Info Collectif VAN - www.collectifvan.org - Dans cet article paru dans le journal turc Birgün le 5 juillet 2007, Fikri Saglar souligne et dénonce tout ce qui indique une complicité de l’Etat turc, de sa Police et de celle des fonctionnaires dans l’assassinat de Hrant Dink, tel le Préfet de Police qui avait déclaré juste après le meurtre et avant même que les coupables ne soient rattrapés : « c’est sûrement quelqu'un qui a agi avec des sentiments patriotiques ».


Le procès de DINK !

05/07/07
fikrisaglar@birgun.net

Le 2 Juillet sonnera encore une fois comme un souvenir « sinistre» !...

Après le massacre de Sivas*, le début de « l’insolubilité de l’assassinat de Dink » !…

Le procès de l’attentat contre Hrant Dink a enfin commencé le 2 Juillet 2007 devant la 14ème Cour d’Assise d’Istanbul.
Nous attendons maintenant que le jugement révèle tous les détails de l’assassinat et les forces cachées derrière…

Trouver les vrais coupables et rendre justice est extrêmement important pour l’avenir de la Turquie. Au moins nos enfants ne perdront pas ainsi l’espoir de vivre dans un Etat de droit.
Seulement, après la première audience, la conclusion de ce qui a été transmis à travers les médias, c’est la déception !…
Les rapports présentés à l’audience n’ont pas créé l’ambiance d’un début attendu.

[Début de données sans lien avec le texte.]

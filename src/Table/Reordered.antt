-- ===== src/Table/Reordered.antt =====
-- Two snapshots with the same routes in another order, in `choose_route` of
-- images/dataplane/src/snapshot.rs.
use argon.Prelude.{
  ◌≡◌, refl, sym, ap, subst, ◌↔◌, ◌⊎◌, inl, inr, true, none, some, List, arith, Option-cases,
  eq_iff, list_eq, In,
}
use argon.Text.{Text, codes, len, starts_with}
use argon.Text.Prefix.{starts_with_self, eq_of_starts_with}
use argon.Prelude.Int.{ℤ, pos, negsuc, ◌≤ℤ◌}
use argon.Config.{Route}
use argon.Route.{PathType, prefix, exact, RouteRule, rule_matches}
use argon.Route.Order.{Goes, eq_of_rank}
use argon.Table.Routing.{Matches, Misses, IsBest, searched, searched-IsBest, searched-none_iff}

-- The lists have the same routes, in any order and number.
abbrev pub SameRoutes : List Route → List Route → Type 0
SameRoutes rs rs' = (r : Route) → In r rs ↔ In r rs'

-- The rules differ in their clusters at most.
pub record Ties (a b : RouteRule) : Type 0 where
  pub path : a.path ≡ b.path
  pub path_type : a.path_type ≡ b.path_type
  pub priority : a.priority ≡ b.priority

antisym_ℤ : (a b : ℤ) → a ≤ℤ b → b ≤ℤ a → a ≡ b
antisym_ℤ (pos m) (pos n) h k = ap pos (omega (arith, h, k))
antisym_ℤ (pos m) (negsuc n) h k = absurd (omega (arith, h, k))
antisym_ℤ (negsuc m) (pos n) h k = absurd (omega (arith, h, k))
antisym_ℤ (negsuc m) (negsuc n) h k = ap negsuc (omega (arith, h, k))

Matches-same :
    (host path : Text) (rs rs' : List Route) (rule : RouteRule)
    → SameRoutes rs rs'
    → Matches host rs path rule
    → Matches host rs' path rule
Matches-same host path rs rs' rule same ((r, pt, m, h, p, e), hit) =
    ((r, pt, (same r).0 m, h, p, e), hit)

SameRoutes-sym : (rs rs' : List Route) → SameRoutes rs rs' → SameRoutes rs' rs
SameRoutes-sym rs rs' same r = ((same r).1, (same r).0)

module _ (path : Text) where
  -- The rules that match one path and are as long have the same path.
  eq_of_rule_matches :
      (a b : RouteRule)
      → rule_matches path a ≡ true
      → rule_matches path b ≡ true
      → len a.path ≡ len b.path
      → a.path ≡ b.path
  unfolding rule_matches
  eq_of_rule_matches a b h k e =
      eq_of_starts_with path a.path b.path (is_prefix a h) (is_prefix b k) e
    where
      is_prefix : (r : RouteRule) → rule_matches path r ≡ true → starts_with path r.path ≡ true
      is_prefix r hit = by_type r.path_type refl
        where
          by_type : (t : PathType) → r.path_type ≡ t → starts_with path r.path ≡ true
          by_type exact e =
              subst (λ q. starts_with path q ≡ true) (sym ((eq_iff r.path path).0 (ground arith)))
                (starts_with_self path)
          by_type prefix e = ground arith

  Ties-of_IsBest :
      (host : Text) (rs rs' : List Route) (a b : RouteRule)
      → SameRoutes rs rs'
      → IsBest host rs path a
      → IsBest host rs' path b
      → Ties a b
  Ties-of_IsBest host rs rs' a b same best best' =
      let back = SameRoutes-sym rs rs' same in
      let go : Goes a b = best.first b (Matches-same host path rs' rs b back best'.matches) in
      let come : Goes b a = best'.first a (Matches-same host path rs rs' a same best.matches) in
      let as_long : len a.path ≡ len b.path = ground arith in
      record {
        path = eq_of_rule_matches a b best.matches.1 best'.matches.1 as_long;
        path_type = eq_of_rank a.path_type b.path_type (ground arith) (ground arith);
        priority = antisym_ℤ a.priority b.priority (ground arith) (ground arith);
      }

  Misses-same :
      (host : Text) (rs rs' : List Route)
      → SameRoutes rs rs'
      → Misses host rs path
      → Misses host rs' path
  Misses-same host rs rs' same miss rule hit =
      miss rule (Matches-same host path rs' rs rule (SameRoutes-sym rs rs' same) hit)

  none-same :
      (host : Text) (rs rs' : List Route)
      → SameRoutes rs rs'
      → searched host path rs ≡ none
      → searched host path rs' ≡ none
  none-same host rs rs' same gone =
      let (m, n) = (searched-none_iff host path rs).0 gone in
      (searched-none_iff host path rs').1
        (Misses-same host rs rs' same m, Misses-same (codes "") rs rs' same n)

  -- The best rules of the host, or of the routes without a host, whichever the search uses.
  abbrev Best : List Route → Text → RouteRule → Type 0
  Best rs host a = IsBest host rs path a ⊎ (Misses host rs path × IsBest (codes "") rs path a)

  Ties-of_Best :
      (rs rs' : List Route) (host : Text) (a b : RouteRule)
      → SameRoutes rs rs'
      → Best rs host a
      → Best rs' host b
      → Ties a b
  Ties-of_Best rs rs' host a b same (inl best) (inl best') =
      Ties-of_IsBest host rs rs' a b same best best'
  Ties-of_Best rs rs' host a b same (inl best) (inr (miss, best')) =
      absurd (miss a (Matches-same host path rs rs' a same best.matches))
  Ties-of_Best rs rs' host a b same (inr (miss, best)) (inl best') =
      let back = SameRoutes-sym rs rs' same in
      absurd (miss b (Matches-same host path rs' rs b back best'.matches))
  Ties-of_Best rs rs' host a b same (inr (miss, best)) (inr (miss', best')) =
      Ties-of_IsBest (codes "") rs rs' a b same best best'

  -- For the same routes, in any order and number, both searches give no rule, or they give rules of
  -- the same path, type and priority.
  pub searched-same :
      (host : Text) (rs rs' : List Route)
      → SameRoutes rs rs'
      → ((searched host path rs ≡ none) × (searched host path rs' ≡ none))
        ⊎ ((a : RouteRule) × (b : RouteRule) × (searched host path rs ≡ some a)
            × (searched host path rs' ≡ some b)
            × Ties a b)
  searched-same host rs rs' same = elim (Option-cases (searched host path rs)) [
    | inl gone ↦ inl (gone, none-same host rs rs' same gone)
    | inr (a, got) ↦ elim (Option-cases (searched host path rs')) [
      | inl gone ↦ absurd (ground (arith, none-same host rs' rs (SameRoutes-sym rs rs' same) gone))
      | inr (b, got') ↦ inr (
        a,
        b,
        got,
        got',
        Ties-of_Best rs rs' host a b same (searched-IsBest host path rs a got)
            (searched-IsBest host path rs' b got'),
      )
    ]
  ]
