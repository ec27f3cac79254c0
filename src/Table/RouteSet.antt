-- ===== src/Table/RouteSet.antt =====
-- The routing of images/dataplane/src/snapshot.rs as a function of the set of a snapshot's routes.
use argon.Prelude.{◌≡◌, refl, ap, inl, inr, Option, some, List, nat_eq, list_eq}
use argon.Text.{Text}
use argon.Prelude.Int.{ℤ}
use argon.Atomics.{Heap}
use argon.Config.{Snapshot, Route}
use argon.Route.{PathType, RouteRule}
use argon.Rewrites.{HeaderName}
use argon.Cluster.{Counters}
use argon.Table.{new_table, choose_route}
use argon.Table.Routing.{searched, choose_route-new_table}
use mathlib.Core.Option
use mathlib.Core.Quot
use mathlib.Core.Quot.{Quot}
use argon.Table.Reordered.{SameRoutes, searched-same}

-- The path, the type and the priority of a rule: all but its cluster.
abbrev pub Shape : Type 0
Shape = Text × PathType × ℤ

abbrev pub shape : RouteRule → Shape
shape r = (r.path, r.path_type, r.priority)

shape-same :
    (host path : Text) (rs rs' : List Route)
    → SameRoutes rs rs'
    → Option.map shape (searched host path rs) ≡ Option.map shape (searched host path rs')
shape-same host path rs rs' same = elim (searched-same path host rs rs' same) [
  | inl (gone, gone') ↦ rw (gone, gone') refl
  | inr (a, b, got, got', t) ↦ rw (got, got') (λ i. some (t.path i, t.path_type i, t.priority i))
]

-- The routes of a snapshot, with their order and number forgotten.
abbrev pub RouteSet : Type 0
RouteSet = Quot SameRoutes

Shape-set : IsSet (Option Shape)
Shape-set = hlevel

-- The shape of the rule that a set of routes gives for a host and a path.
pub shape_for : Text → Text → RouteSet → Option Shape
shape_for host path =
    Quot.lift Shape-set (λ rs. Option.map shape (searched host path rs)) (shape-same host path)

module _ (counters : Counters) (header_name : Text → Option HeaderName) where
  -- A table gives rules by the set of the snapshot's routes: neither their order and number nor the
  -- heap decides on more than the cluster of a rule.
  pub choose_route-shape :
      (h : Heap) (snap : Snapshot) (host path : Text)
      → Option.map shape (choose_route counters (new_table counters header_name h snap).1 host path)
        ≡ shape_for host path (Quot.mk snap.routes)
  unfolding shape_for
  choose_route-shape h snap host path =
      ap (Option.map shape) (choose_route-new_table counters header_name h snap host path)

Il suffit de jeter un coup d’oeil à la décision de la Préfecture de Samsun au sujet de la photo-souvenir autour du drapeau turc, parue dans les journaux le lendemain de l’assassinat. Cela facilitera la compréhension de notre désespoir.

D’après ce qu’on a vu sur les Videos : la vérité est que les officiers de police ont eux-mêmes déterminé l’emplacement de la prise de vue en donnant à Ogun Samast un drapeau. Il a été placé devant les paroles prononcées par Ataturk !...
N’est-il pas curieux de constater comment le ministère public qualifie le comportement des policiers montrant leurs approbations du crime d’une façon enthousiaste; « on peut constater une sympathie envers le suspect mais cela ne constitue pas un crime ».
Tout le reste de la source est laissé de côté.